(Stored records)

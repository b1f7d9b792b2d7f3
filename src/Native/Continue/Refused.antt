-- ===== src/Native/Continue/Refused.antt =====
-- Continuations that the agent refused: ContinueIfDue of lib/native/limit.go.
use agentapi.Prelude.{
  ℕ, ◌+◌, ◌≤◌, ◌≡◌, refl, ap, ◌∙◌, Bool, true, false, not, ◌||◌, List, ◌∷◌, ◌++◌, Option, none,
  some, arith, ◌≢◌, if◌then◌else◌, trim_space, inl, inr, Bool-cases,
}
use agentapi.Native.Types.{Input}
use agentapi.Native.MessageLog.{Message}
use agentapi.Native.State.{LimitStop, RetryWait, Conversation, Adapter, idle, set_limit_stop}
use agentapi.Native.Limit.{holds_queue, limit_holds, continue_margin}
use agentapi.Native.Turn.{
  AgentError, PendingTurn, begin_turn, begin_with, start_turn, deliver_turn, take_back,
  caller_error,
}
use agentapi.Native.Turn.Gate.{
  CanStart, Meanwhile, user_message, start_turn-delivers, refused_turn_taken_back,
}
use agentapi.Native.Turn.Logged.{same_agent, refused-log}
use agentapi.Native.Continue.{
  continue_prompt, continue_if_due, mark, put_back, after_sending, limit_due, retry_due,
}
use agentapi.Native.Continue.Chain.{prompt_text, continue-due, mark-keeps}

-- A stopped turn whose continuation, scheduled at `at`, is due, and an agent that can take it.
abbrev pub ContinuationDue : LimitStop → ℕ → ℕ → Adapter → Conversation → Type 0
ContinuationDue ls at now a c =
    (c.limit_stop ≡ some ls)
    × (ls.continue_at ≡ some at)
    × (at ≤ now)
    × (idle c ≡ true)
    × (c.adapter ≡ some a)

limit_is_due :
    (ls : LimitStop) (at now : ℕ) (a : Adapter) (c : Conversation)
    → ContinuationDue ls at now a c
    → limit_due c.limit_stop now ≡ true
unfolding limit_due
limit_is_due ls at now a c due = ground arith

-- What is marked before the turn of a continuation begins.
abbrev pub marked : ℕ → Conversation → Conversation
marked now c = mark true (retry_due c.retry_wait now) c

continue-limit :
    (ls : LimitStop) (at now : ℕ) (f : Conversation → Conversation) (answer : Option AgentError)
    (a : Adapter) (c : Conversation)
    → ContinuationDue ls at now a c
    → continue_if_due now f answer c
      ≡ after_sending true
          (retry_due c.retry_wait now)
          (some ls)
          c.retry_wait
          (now + continue_margin)
          (start_turn continue_prompt now f answer (marked now c))
continue-limit ls at now f answer a c due =
    let l = limit_is_due ls at now a c due in
    let e = continue-due now f answer c due.3 (rw l refl) in
    (rw l at e)
    ∙ ap
        (λ o.
          after_sending true (retry_due c.retry_wait now) o c.retry_wait (now + continue_margin)
            (start_turn continue_prompt now f answer (marked now c)))
        due.0

put_back-limit :
    (ls : LimitStop) (retried : Bool) (w : Option RetryWait) (later : ℕ) (c : Conversation)
    → c.turn_active ≡ false
    → c.limit_stop ≡ none
    → let c' = put_back true retried (some ls) w later c in
      (c'.limit_stop ≡ some (record ls { continue_at = some later }))
      × (c'.messages ≡ c.messages)
      × (c'.turn_active ≡ false)
unfolding put_back set_limit_stop
put_back-limit ls retried w later c t l = (ground arith, ground arith, ground arith)

scheduled_holds :
    (ls : LimitStop) (at t : ℕ) (c : Conversation)
    → c.limit_stop ≡ some (record ls { continue_at = some at })
    → holds_queue c t ≡ true
unfolding holds_queue limit_holds
scheduled_holds ls at t c e = ground arith

deliver_turn-stop :
    (turn : PendingTurn) (e : AgentError) (d : Conversation)
    → (deliver_turn turn (some e) d).0.limit_stop ≡ d.limit_stop
unfolding deliver_turn take_back
deliver_turn-stop turn e d = ground arith

refused-over :
    (input : Input) (now : ℕ) (f : Conversation → Conversation) (e : AgentError) (a : Adapter)
    (c : Conversation) (before news : List Message)
    → CanStart input a c
    → e ≢ AgentError.unconfirmed
    → Meanwhile input now c before news (f (begin_turn input now c).0)
    → (same_agent c (f (begin_turn input now c).0)
        || not (f (begin_turn input now c).0).turn_active)
      ≡ true
    → (start_turn input now f (some e) c).0.turn_active ≡ false
refused-over input now f e a c before news can ne other over =
    let d = f (begin_turn input now c).0 in
    let (_, _, left) = refused_turn_taken_back input now f e a c before news can ne other in
    elim (Bool-cases (same_agent c d)) [
      | inl same ↦ (rw same at left).1
      | inr gone ↦
          let quiet : d.turn_active ≡ false = ground arith in
          ap (λ k. k.turn_active) (rw gone at left) ∙ quiet
    ]

-- A due continuation that the agent refused waits again, whatever else the conversation does during
-- the call, if no other turn is stopped by a limit then, if an agent that came meanwhile has no
-- turn, and if the log then has the message still, none behind it with its Id: the stopped turn waits
-- for a continuation a minute later and holds the queue at any time until then, and no turn is
-- active. The message leaves the log if the agent is still the same, and else stays in it.
pub refused_continuation_waits :
    (ls : LimitStop) (at now : ℕ) (f : Conversation → Conversation) (e : AgentError) (a : Adapter)
    (c : Conversation) (before news : List Message)
    → ContinuationDue ls at now a c
    → e ≢ AgentError.unconfirmed
    → Meanwhile continue_prompt now
        (marked now c)
        before
        news
        (f (begin_turn continue_prompt now (marked now c)).0)
    → (f (begin_turn continue_prompt now (marked now c)).0).limit_stop ≡ none
    → (same_agent (marked now c) (f (begin_turn continue_prompt now (marked now c)).0)
        || not (f (begin_turn continue_prompt now (marked now c)).0).turn_active)
      ≡ true
    → let d = f (begin_turn continue_prompt now (marked now c)).0 in
      let sent = user_message continue_prompt now (marked now c) in
      let (c', went, refused) = continue_if_due now f (some e) c in
      (went ≡ false)
      × (refused ≡ some (caller_error e))
      × (c'.limit_stop ≡ some (record ls { continue_at = some (now + continue_margin) }))
      × (c'.messages.messages
          ≡ (if same_agent (marked now c) d then before ++ news else before ++ sent ∷ news))
      × (c'.turn_active ≡ false)
      × ((t : ℕ) → holds_queue c' t ≡ true)
unfolding after_sending
refused_continuation_waits ls at now f e a c before news due ne other free over =
    let m = marked now c in
    let d = f (begin_turn continue_prompt now m).0 in
    let (busy, there) = mark-keeps true (retry_due c.retry_wait now) c in
    let can : CanStart continue_prompt a m = (prompt_text, busy ∙ due.3, there ∙ due.4) in
    let k = (start_turn continue_prompt now f (some e) m).0 in
    let (log, said) = refused-log e continue_prompt now f a m before news can ne other in
    let idle_again = refused-over continue_prompt now f e a m before news can ne other over in
    let stop : k.limit_stop ≡ none =
      ap (λ p. p.0.limit_stop) (start_turn-delivers continue_prompt now f (some e) a m can)
      ∙ deliver_turn-stop (begin_with a (trim_space continue_prompt.text) continue_prompt now m).1 e
          d
      ∙ free in
    let (waits, same_log, inactive) =
      put_back-limit ls (retry_due c.retry_wait now) c.retry_wait (now + continue_margin) k
        idle_again stop in
    rw
      (continue-limit ls at now f (some e) a c due
        ∙ ap
            (λ o.
              after_sending true (retry_due c.retry_wait now) (some ls) c.retry_wait
                (now + continue_margin) (k, o))
            said)
      (
        refl,
        refl,
        waits,
        ap (λ t. t.messages) same_log ∙ log,
        inactive,
        λ t. scheduled_holds ls (now + continue_margin) t _ waits,
      )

__PROBLEM__. Output all lines from the beginning of the data up to the line holding "-- A stopped", that line included, exactly as written.

__TASK RESPONSE__.
repository b1f7d9b792b2d7f3
filename src/Native/Continue/Refused.antt
-- ===== src/Native/Continue/Refused.antt =====
-- Continuations that the agent refused: ContinueIfDue of lib/native/limit.go.
use agentapi.Prelude.{
  ℕ, ◌+◌, ◌≤◌, ◌≡◌, refl, ap, ◌∙◌, Bool, true, false, not, ◌||◌, List, ◌∷◌, ◌++◌, Option, none,
  some, arith, ◌≢◌, if◌then◌else◌, trim_space, inl, inr, Bool-cases,
}
use agentapi.Native.Types.{Input}
use agentapi.Native.MessageLog.{Message}
use agentapi.Native.State.{LimitStop, RetryWait, Conversation, Adapter, idle, set_limit_stop}
use agentapi.Native.Limit.{holds_queue, limit_holds, continue_margin}
use agentapi.Native.Turn.{
  AgentError, PendingTurn, begin_turn, begin_with, start_turn, deliver_turn, take_back,
  caller_error,
}
use agentapi.Native.Turn.Gate.{
  CanStart, Meanwhile, user_message, start_turn-delivers, refused_turn_taken_back,
}
use agentapi.Native.Turn.Logged.{same_agent, refused-log}
use agentapi.Native.Continue.{
  continue_prompt, continue_if_due, mark, put_back, after_sending, limit_due, retry_due,
}
use agentapi.Native.Continue.Chain.{prompt_text, continue-due, mark-keeps}

-- A stopped turn whose continuation, scheduled at `at`, is due, and an agent that can take it.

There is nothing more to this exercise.